Problem requirements →
Of the entries below, return exactly those lines that fall between the one containing "abbrev lines : Bool" and the one containing "let (x, w1, guard, e1)", the two end lines included.

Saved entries
-- ===== src/Service/Redelivery/Receipts.antt =====
-- A purchase that was received is received once.
use erp_stock.Base.{
  some, String, ◌==◌, eq_refl, ◌≡◌, refl, sym, ap, ◌∙◌, subst, Bool, true, false, not, ◌||◌,
  Bool-cases, inl, inr, List, [], ◌∷◌, if◌then◌else◌, arith,
}
use erp_stock.Base.Int.{ℤ}
use erp_stock.Float.{to_numeric, Float}
use erp_stock.Domain.Errors.{Result, ok, Error, invalid}
use erp_stock.Domain.Types.{OrderItem}
use erp_stock.Store.Tables.{Tables}
use erp_stock.Store.Movements
use erp_stock.Store.Movements.{nil_if_empty}
use erp_stock.World.{World, Action, pure, fail_if, ◌>>=◌, ◌>>◌, for_each}
use erp_stock.World.Rules.{bind_ok, bind_rule, query_ok, after}
use erp_stock.World.Always.{Always, Always-for_each, Always-fail_if}
use erp_stock.World.SameStock.{SameStock, SameStock-preorder, OnTables, OnTables-after_read}
use erp_stock.Repo
use erp_stock.Service.Apply.{apply_qty, default_subtype}
use erp_stock.Service.Apply.Effects.{
  movement_of, Applied, AppliedOrFails, apply_qty_sub-AppliedOrFails,
}
use erp_stock.Service.Movements.{receive_line, receive_purchase, to_stock_from_purchase}
use erp_stock.Service.Reads.{
  has_movement-SameStock, get_warehouse-SameStock, to_stock_from_purchase-SameStock,
}
use erp_stock.Service.Frame.{pre_frame}
use erp_stock.Service.Frame.Requests.{receive_line_frame, serve_frame}
use erp_stock.Service.Request.{Request, serve}
use erp_stock.Service.Redelivery.{KeepsHistory, KeepsHistory-Respects, Remembers}

-- The history has a receipt for the document.
abbrev Received : String → String → Tables → Type 0
Received doc_type doc t = Movements.has_movement doc_type doc "PURCHASE_IN" t.movements ≡ true

nil_if_empty-some : (doc : String) → (doc == "") ≡ false → nil_if_empty doc ≡ some doc
nil_if_empty-some doc e = rw e refl

Applied-Received :
    (p wh sub doc_type doc : String) (d z : ℤ) (t u : Tables)
    → (doc == "") ≡ false
    → Applied d (movement_of p wh "PURCHASE_IN" sub z doc_type doc) t u
    → Received doc_type doc u
unfolding Movements.has_movement
Applied-Received p wh sub doc_type doc d z t u named a =
    rw (a.added, Movements.has_movement, nil_if_empty-some doc named, eq_refl doc_type, eq_refl doc)
      refl

module _ {F : Type 0} ⦃fl : Float F⦄ where
  -- Some line is not skipped.
  abbrev pub delivers : List (OrderItem F) → Bool
  delivers [] = false
  delivers (it ∷ items) = not (Repo.is_void_line it.product_id it.quantity) || delivers items

-- A read before something that leaves the tables alone.
after_read_from :
    {F A B : Type 0} (m : Action F A) (f : A → Action F B) (w v : World F)
    → v.stock ≡ w.stock
    → Always SameStock m
    → ((a : A) (u : World F) → u.stock ≡ w.stock → SameStock w (f a u).1)
    → SameStock w ((m >>= f) v).1
after_read_from {F} {A} {B} m f w v same hm hf =
    bind_rule (λ (x : Result B × World F). SameStock w x.1) m f v
      (λ a u e. hf a u (subst (λ (x : Result A × World F). x.1.stock ≡ v.stock) e (hm.at v) ∙ same))
      (λ x u e. subst (λ (y : Result A × World F). y.1.stock ≡ v.stock) e (hm.at v) ∙ same)

fail_if_ok :
    {F : Type 0} (b : Bool) (x : Error) (w : World F) (a : Unit {0}) (v : World F)
    → fail_if b x w ≡ (ok a, v)
    → (b ≡ false) × (v ≡ w)
fail_if_ok b x w a v e = ground arith

neither : (a b : Bool) → (a || b) ≡ false → a ≡ false
neither a b h = ground arith

module _ {F : Type 0} ⦃fl : Float F⦄ (doc_type doc : String) (named : (doc == "") ≡ false) where
  apply_qty-Received :
      (p wh : String) (qty : F)
      → OnTables (λ t u. Received doc_type doc u) (apply_qty p wh "PURCHASE_IN" qty doc_type doc)
  unfolding apply_qty
  apply_qty-Received p wh qty = record {
    at = λ w a v e.
        let m =
          movement_of p wh "PURCHASE_IN" (default_subtype "PURCHASE_IN") (to_numeric qty) doc_type
            doc in
        Applied-Received p wh (default_subtype "PURCHASE_IN") doc_type doc (to_numeric qty)
          (to_numeric qty) w.stock v.stock named
          (subst (λ x. AppliedOrFails (to_numeric qty) m w.stock (after x)) e
            (apply_qty_sub-AppliedOrFails p wh "PURCHASE_IN" (default_subtype "PURCHASE_IN") qty
              doc_type doc w));
  }

  receive_line-Received :
      (wh : String) (it : OrderItem F)
      → Repo.is_void_line it.product_id it.quantity ≡ false
      → OnTables (λ t u. Received doc_type doc u) (receive_line wh doc_type doc it)
  unfolding receive_line
  receive_line-Received wh it counts = rw counts (
      OnTables-after_read (to_stock_from_purchase it.product_id it.quantity) _
        (to_stock_from_purchase-SameStock it.product_id it.quantity)
        (λ qty. apply_qty-Received it.product_id wh qty))

  loop_frame :
      (wh : String) (items : List (OrderItem F))
      → Always KeepsHistory (for_each (receive_line wh doc_type doc) items)
  loop_frame wh items =
      Always-for_each (receive_line wh doc_type doc) items pre_frame
        (λ it. receive_line_frame {R = KeepsHistory} wh doc_type doc it)

  for_each-Received :
      (wh : String) (items : List (OrderItem F)) (w : World F) (a : Unit {0}) (v : World F)
      → delivers items ≡ true
      → for_each (receive_line wh doc_type doc) items w ≡ (ok a, v)
      → Received doc_type doc v.stock
  unfolding for_each Remembers
  for_each-Received wh [] w a v some_ e = let stop : false ≡ true = some_ in cc
  for_each-Received wh (it ∷ items) w a v some_ e =
      let (x, u, first, rest) =
        bind_ok (receive_line wh doc_type doc it)
          (λ _. for_each (receive_line wh doc_type doc) items) w a v e in
      elim (Bool-cases (Repo.is_void_line it.product_id it.quantity)) [
        | inl void ↦ for_each-Received wh items u a v (rw void at some_) rest
        | inr counts ↦
            let here = (receive_line-Received wh it counts).at w x u first in
            let kept = (loop_frame wh items).at u doc_type doc "PURCHASE_IN" here in
            subst (λ (y : Result (Unit {0}) × World F). Received doc_type doc y.1.stock) rest kept
      ]

  -- What either branch of the test for an earlier receipt leaves.
  answered :
      (wh : String) (items : List (OrderItem F)) (done : Bool) (w : World F) (a : Unit {0})
      (v : World F)
      → delivers items ≡ true
      → done ≡ Movements.has_movement doc_type doc "PURCHASE_IN" w.stock.movements
      → (if done then pure tt else for_each (receive_line wh doc_type doc) items) w ≡ (ok a, v)
      → Received doc_type doc v.stock
  answered wh items true w a v some_ found e =
      let same : w ≡ v = ap (λ (y : Result (Unit {0}) × World F). y.1) e in
      subst (λ u. Received doc_type doc u.stock) same (sym found)
  answered wh items false w a v some_ found e = for_each-Received wh items w a v some_ e

module _ {F : Type 0} ⦃fl : Float F⦄ (order wh : String) (items : List (OrderItem F)) where
  abbrev lines : Bool → Action F (Unit {0})
  lines done = if done then pure tt else for_each (receive_line wh "PURCHASE_ORDER" order) items

  abbrev tested : Action F (Unit {0})
  tested = Repo.has_movement "PURCHASE_ORDER" order "PURCHASE_IN" >>= lines

  receive_purchase-Received :
      (w v : World F)
      → delivers items ≡ true
      → receive_purchase order wh items w ≡ (ok tt, v)
      → Received "PURCHASE_ORDER" order v.stock
  unfolding receive_purchase Repo.has_movement
  receive_purchase-Received w v some_ e =
      let (x, w1, guard, e1) =
        bind_ok (fail_if (order == "" || wh == "") invalid) (λ _. Repo.get_warehouse wh >> tested) w
          tt v e in
      let (y, w2, found, e2) = bind_ok (Repo.get_warehouse wh) (λ _. tested) w1 tt v e1 in
      let (done, w3, asked, e3) =
        bind_ok (Repo.has_movement "PURCHASE_ORDER" order "PURCHASE_IN") lines w2 tt v e2 in
      let answer =
        query_ok (λ t. Movements.has_movement "PURCHASE_ORDER" order "PURCHASE_IN" t.movements) w2
          done w3 asked in
      let named = neither (order == "") (wh == "") ((fail_if_ok _ invalid w x w1 guard).0) in
      answered "PURCHASE_ORDER" order named wh items done w3 tt v some_
        (answer.0
          ∙ ap (λ t. Movements.has_movement "PURCHASE_ORDER" order "PURCHASE_IN" t.movements)
              (sym answer.1))
        e3

  tested_again : (w : World F) → Received "PURCHASE_ORDER" order w.stock → SameStock w (tested w).1
  unfolding Repo.has_movement
  tested_again w had =
      bind_rule (λ x. SameStock w x.1) (Repo.has_movement "PURCHASE_ORDER" order "PURCHASE_IN")
        lines w
        (λ done v asked.
          let answer =
            query_ok (λ t. Movements.has_movement "PURCHASE_ORDER" order "PURCHASE_IN" t.movements)
              w done v asked in
          let yes : done ≡ true = answer.0 ∙ had in rw yes (answer.1))
        (λ e v asked.
          subst (λ (x : Result Bool × World F). SameStock w x.1) asked
            ((has_movement-SameStock "PURCHASE_ORDER" order "PURCHASE_IN").at w))

  receive_again :
      (w : World F)
      → Received "PURCHASE_ORDER" order w.stock
      → SameStock w (receive_purchase order wh items w).1
  unfolding receive_purchase
  receive_again w had =
      after_read_from (fail_if (order == "" || wh == "") invalid)
        (λ _. Repo.get_warehouse wh >> tested) w w refl
        (Always-fail_if SameStock-preorder _ invalid)
        (λ x v same.
          after_read_from (Repo.get_warehouse wh) (λ _. tested) w v same
            (get_warehouse-SameStock wh)
            (λ y u same'.
              tested_again u (subst (λ t. Received "PURCHASE_ORDER" order t) (sym same') had)
              ∙ same'))

-- A purchase order that was received, with at least one line that counts, is received once: whatever
-- requests come between and whatever calls fail, receiving it again, with any lines and into any
-- warehouse, leaves the stock tables as they are.
pub received_once :
    {F : Type 0} ⦃fl : Float F⦄ (order wh : String) (items : List (OrderItem F)) (w v : World F)
    (rs : List (Request F)) (again_wh : String) (again : List (OrderItem F))
    → delivers items ≡ true
    → receive_purchase order wh items w ≡ (ok tt, v)
    → (receive_purchase order again_wh again (serve rs v)).1.stock ≡ (serve rs v).stock
unfolding Remembers
received_once order wh items w v rs again_wh again some_ e =
    receive_again order again_wh again (serve rs v) (
      serve_frame KeepsHistory rs v "PURCHASE_ORDER" order "PURCHASE_IN"
        (receive_purchase-Received order wh items w v some_ e))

Response to the exercise →
  abbrev lines : Bool → Action F (Unit {0})
  lines done = if done then pure tt else for_each (receive_line wh "PURCHASE_ORDER" order) items

  abbrev tested : Action F (Unit {0})
  tested = Repo.has_movement "PURCHASE_ORDER" order "PURCHASE_IN" >>= lines

  receive_purchase-Received :
      (w v : World F)
      → delivers items ≡ true
      → receive_purchase order wh items w ≡ (ok tt, v)
      → Received "PURCHASE_ORDER" order v.stock
  unfolding receive_purchase Repo.has_movement
  receive_purchase-Received w v some_ e =
      let (x, w1, guard, e1) =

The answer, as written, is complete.